Aku langsung mengayuh sepeda.

"Erghhh." Aku mengerang di ayuhan pertama. Bagaimana tidak? Sastra ternyata berat sekali.

"Kok lo berat banget si? Kebanyakan dosa sih lo." Kata ku sembari mengayuh sepeda yang tidak kunjung bergerak.

"Yakin masih mau yang ngayuh, Wahai orang terkuat sedunia?" Jawab Sastra meledek sambil tertawa.

Ia menyuruhku turun dan pada akhirnya, dia yang membonceng aku menyusuri jalanan Bogor yang tengah ramai pengunjung juga.

"IIIII ADA ES KRIM! MAUUUUU, SASSS." Teriak ku semangat karena di pinggir jalan ada stan es krim.

"Lo ga liat Bogor dingin? Gila lo mau makan es krim." Jawab Sastra menolak.

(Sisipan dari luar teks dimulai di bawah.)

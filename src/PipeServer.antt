-- ===== src/PipeServer.antt =====
-- lab09-fifo-logger/Logger/server.c as a whole: main() and the threads of connection_handler in the
-- server process, whose standard error is the pipe, and the Logger process that reads the pipe.
-- connection_handler makes the calls of the one of Servers, with a line printed before and after.
mod Lines
mod Logged
mod Tests
use c_teaching.Prelude.{
  ℕ, suc, ◌<◌, ◌≡◌, ◌==◌, if◌then◌else◌, Bool, true, false, Option, none, some, List, [], ◌∷◌, ◌++◌,
}
use c_teaching.Sys.{Answer, Reply}
use c_teaching.Threads.{update}
use c_teaching.Servers.Handler
use c_teaching.Servers.Handler.{begin}
use c_teaching.Logger
use c_teaching.Logger.Run

-- Where main() stands after the fork(): before close() of the log file and of the pipe's reading
-- end, dup2(), the line of the start, accept(), the line that DEBUG prints, pthread_create() and
-- calloc(); or in the macro for errors, before its line, its kill() and its exit().
pub data Main : Type 0 where
  closing_log closing_pipe redirecting booting accepting debugging creating allocating : Main
  reporting killing exiting : Main

-- A thread with the pointer to its client_addr and the address that it has read there: before it
-- reads the address, before its first line, in the calls of connection_handler, before its last
-- line, before the two free(); in the macro, where a killing thread has printed `line`; or ended.
pub data Thread : Type 0 where
  absent : Thread
  created : (client_addr : ℕ) → Thread
  announcing : (client_addr address : ℕ) → Thread
  handling : (client_addr address : ℕ) → Handler.State → Handler.Pc → Thread
  leaving freeing : (client_addr address : ℕ) → Handler.State → Thread
  reporting : (address : ℕ) → Thread
  killing exiting : (address : ℕ) → (line : List ℕ) → Thread
  done : (address : ℕ) → Thread

-- What is printed on standard error: by a thread, or by main().
pub record Line : Type 0 where
  pub author : Option ℕ
  pub text : List ℕ

-- A cell of the heap holds a struct sockaddr_in, given by a number; `none` is not allocated.
-- `printed` is all that has gone into the pipe; no step reads it.
pub record Server : Type 0 where
  pub main : Main
  pub client_addr : ℕ
  pub heap : ℕ → Option ℕ
  pub spawned : ℕ
  pub threads : ℕ → Thread
  pub exited : Bool  -- whether the server process has ended
  pub printed : List Line
  pub logger : Logger.State
  pub logger_pc : Logger.Pc

-- After the fork(), with the first client_addr at `p`.
abbrev pub init : ℕ → Server
init p = record {
  main = closing_log;
  client_addr = p;
  heap = update (λ _. none) p (some 0);
  spawned = 0;
  threads = λ _. absent;
  exited = false;
  printed = [];
  logger = Logger.init;
  logger_pc = Logger.reading;
}

-- fprintf(stderr, …) on the pipe.
abbrev pub print : Server → Option ℕ → List ℕ → Server
print s author text = record s {
  printed = s.printed ++ record { author = author; text = text } ∷ [];
  logger = record s.logger { pipe = s.logger.pipe ++ text; served = s.logger.served ++ text };
}

abbrev pub set_thread : Server → ℕ → Thread → Server
set_thread s i new = record s { threads = update s.threads i new }

-- `kill(logger_pid, SIGTERM)`, and what its handler does.
abbrev pub signal_logger : Server → Server
signal_logger s = record s { logger = record s.logger { should_stop = true } }

-- The end of the process closes its end of the pipe.
abbrev pub end_server : Server → Server
end_server s = record s { exited = true; logger = record s.logger { writers = false } }

-- What follows a call of connection_handler.
abbrev pub after_call : ℕ → ℕ → Handler.State → Handler.Pc → Thread
after_call p a h Handler.Pc.returned = leaving p a h
after_call p a h Handler.Pc.exited = reporting a
after_call p a h pc = handling p a h pc

-- The calls before dup2() whose failure ends the server.
abbrev pub sets_up : Main → Bool
sets_up closing_log = true
sets_up closing_pipe = true
sets_up redirecting = true
sets_up _ = false

-- The calls after which main() may be in the macro with standard error on the pipe.
abbrev pub may_fail : Main → Bool
may_fail accepting = true
may_fail creating = true
may_fail _ = false

-- The texts: the welcome message for an address, and the lines of main() and of the threads, with
-- the number of the thread and the address.
pub record Texts : Type 0 where
  pub welcome : ℕ → List ℕ
  pub starting : List ℕ
  pub accepted : List ℕ
  pub handles : ℕ → ℕ → List ℕ
  pub closes : ℕ → ℕ → List ℕ

module _ (texts : Texts) where
  -- The steps of the server process from the fork() on, and of the Logger from its first read() on.
  pub data Step (s : Server) : Server → Type 0 where
    close_log : s.exited ≡ false → s.main ≡ closing_log → Step s (record s { main = closing_pipe })
    close_pipe : s.exited ≡ false → s.main ≡ closing_pipe → Step s (record s { main = redirecting })
    redirect : s.exited ≡ false → s.main ≡ redirecting → Step s (record s { main = booting })
    -- the line of an error goes to the terminal
    set_up_fails : s.exited ≡ false → sets_up s.main ≡ true → Step s (record s { main = killing })
    boot :
        s.exited ≡ false
        → s.main ≡ booting
        → Step s (print (record s { main = accepting }) none texts.starting)
    -- accept(), repeated while it is interrupted, writes the address of the peer through main()'s pointer
    accept :
        (peer : ℕ)
        → s.exited ≡ false
        → s.main ≡ accepting
        → Step s (record s { main = debugging; heap = update s.heap s.client_addr (some peer) })
    debug :
        s.exited ≡ false
        → s.main ≡ debugging
        → Step s (print (record s { main = creating }) none texts.accepted)
    create :
        s.exited ≡ false
        → s.main ≡ creating
        → Step s (record s {
          main = allocating;
          spawned = suc s.spawned;
          threads = update s.threads s.spawned (created s.client_addr);
        })
    allocate :
        (p : ℕ)
        → s.exited ≡ false
        → s.main ≡ allocating
        → s.heap p ≡ none
        → Step s (record s { main = accepting; client_addr = p; heap = update s.heap p (some 0) })
    -- accept() or pthread_create() fails
    main_fails : s.exited ≡ false → may_fail s.main ≡ true → Step s (record s { main = reporting })
    main_reports :
        (text : List ℕ)
        → s.exited ≡ false
        → s.main ≡ reporting
        → Step s (print (record s { main = killing }) none text)
    main_kills :
        s.exited ≡ false → s.main ≡ killing → Step s (signal_logger (record s { main = exiting }))
    main_exits : s.exited ≡ false → s.main ≡ exiting → Step s (end_server s)
    read_address :
        (i : ℕ) {p a : ℕ}
        → s.exited ≡ false
        → i < s.spawned
        → s.threads i ≡ created p
        → s.heap p ≡ some a
        → Step s (set_thread s i (announcing p a))
    announce :
        (i : ℕ) {p a : ℕ}
        → s.exited ≡ false
        → i < s.spawned
        → s.threads i ≡ announcing p a
        → Step s (
            print
              (set_thread s i (handling p a (begin (texts.welcome a)) Handler.Pc.welcoming))
              (some i)
              (texts.handles i a))
    handle :
        (i : ℕ) {p a : ℕ} {h : Handler.State} {pc : Handler.Pc} (r : Reply)
        → s.exited ≡ false
        → i < s.spawned
        → s.threads i ≡ handling p a h pc
        → Handler.Possible h pc r
        → Step s (set_thread s i (after_call p a (Handler.step h pc r).0 (Handler.step h pc r).1))
    leave :
        (i : ℕ) {p a : ℕ} {h : Handler.State}
        → s.exited ≡ false
        → i < s.spawned
        → s.threads i ≡ leaving p a h
        → Step s (print (set_thread s i (freeing p a h)) (some i) (texts.closes i a))
    free :
        (i : ℕ) {p a : ℕ} {h : Handler.State}
        → s.exited ≡ false
        → i < s.spawned
        → s.threads i ≡ freeing p a h
        → Step s (record (set_thread s i (done a)) { heap = update s.heap p none })
    thread_reports :
        (i : ℕ) {a : ℕ} (text : List ℕ)
        → s.exited ≡ false
        → i < s.spawned
        → s.threads i ≡ reporting a
        → Step s (print (set_thread s i (killing a text)) (some i) text)
    kill :
        (i : ℕ) {a : ℕ} {text : List ℕ}
        → s.exited ≡ false
        → i < s.spawned
        → s.threads i ≡ killing a text
        → Step s (signal_logger (set_thread s i (exiting a text)))
    exit :
        (i : ℕ) {a : ℕ} {text : List ℕ}
        → s.exited ≡ false
        → i < s.spawned
        → s.threads i ≡ exiting a text
        → Step s (end_server s)
    -- a signal ends the server, as that of a write to the pipe of a Logger that has ended
    killed : s.exited ≡ false → Step s (end_server s)
    -- a signal comes to the Logger
    signalled : Step s (signal_logger s)
    logs :
        (a : Answer)
        → Logger.Run.Possible s.logger s.logger_pc a
        → Step s (record s {
          logger = (Logger.step s.logger s.logger_pc a).0;
          logger_pc = (Logger.step s.logger s.logger_pc a).1;
        })

  pub data Reach (s : Server) : Server → Type 0 where
    here : Reach s s
    then_step : {t u : Server} → Reach s t → Step t u → Reach s u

Aku menepuk pundak Sastra berkali kali dengan keadaan dongkol. Sembari menyoraki nya pelit berulang kali. Setelah mengatakan itu, tampaknya telinga Sastra panas dan akhirnya menuruti permintaan ku.

"Awas aja lo pilek demam sampe dirawat. Gue buang lo ke siring." Kata Sastra sambil menyerahkan es krim yang ia beli.

"Ngga bakal. Makasih, Om." Jawabku berterima kasih.

"Ssssttt, ntar orang kira gue melihara lo. Najis najis najis." Kata nya risih.

Aku tertawa dan berulang kali memanggilnya dengan sebutan 'om' supaya ia terganggu. Kalau Sastra marah, alisnya memerah dan hidung mancungnya yang kembang kempis. Oleh sebab itu, terkadang aku suka melihat Sastra mengomel kecil.

Sastra Hamonangan's POV

"HADOHHHHH INI UDAH JAM BERAPA KITA GA GERAK GERAK." Gerutu Monra sambil menggaruk kepala kepalanya.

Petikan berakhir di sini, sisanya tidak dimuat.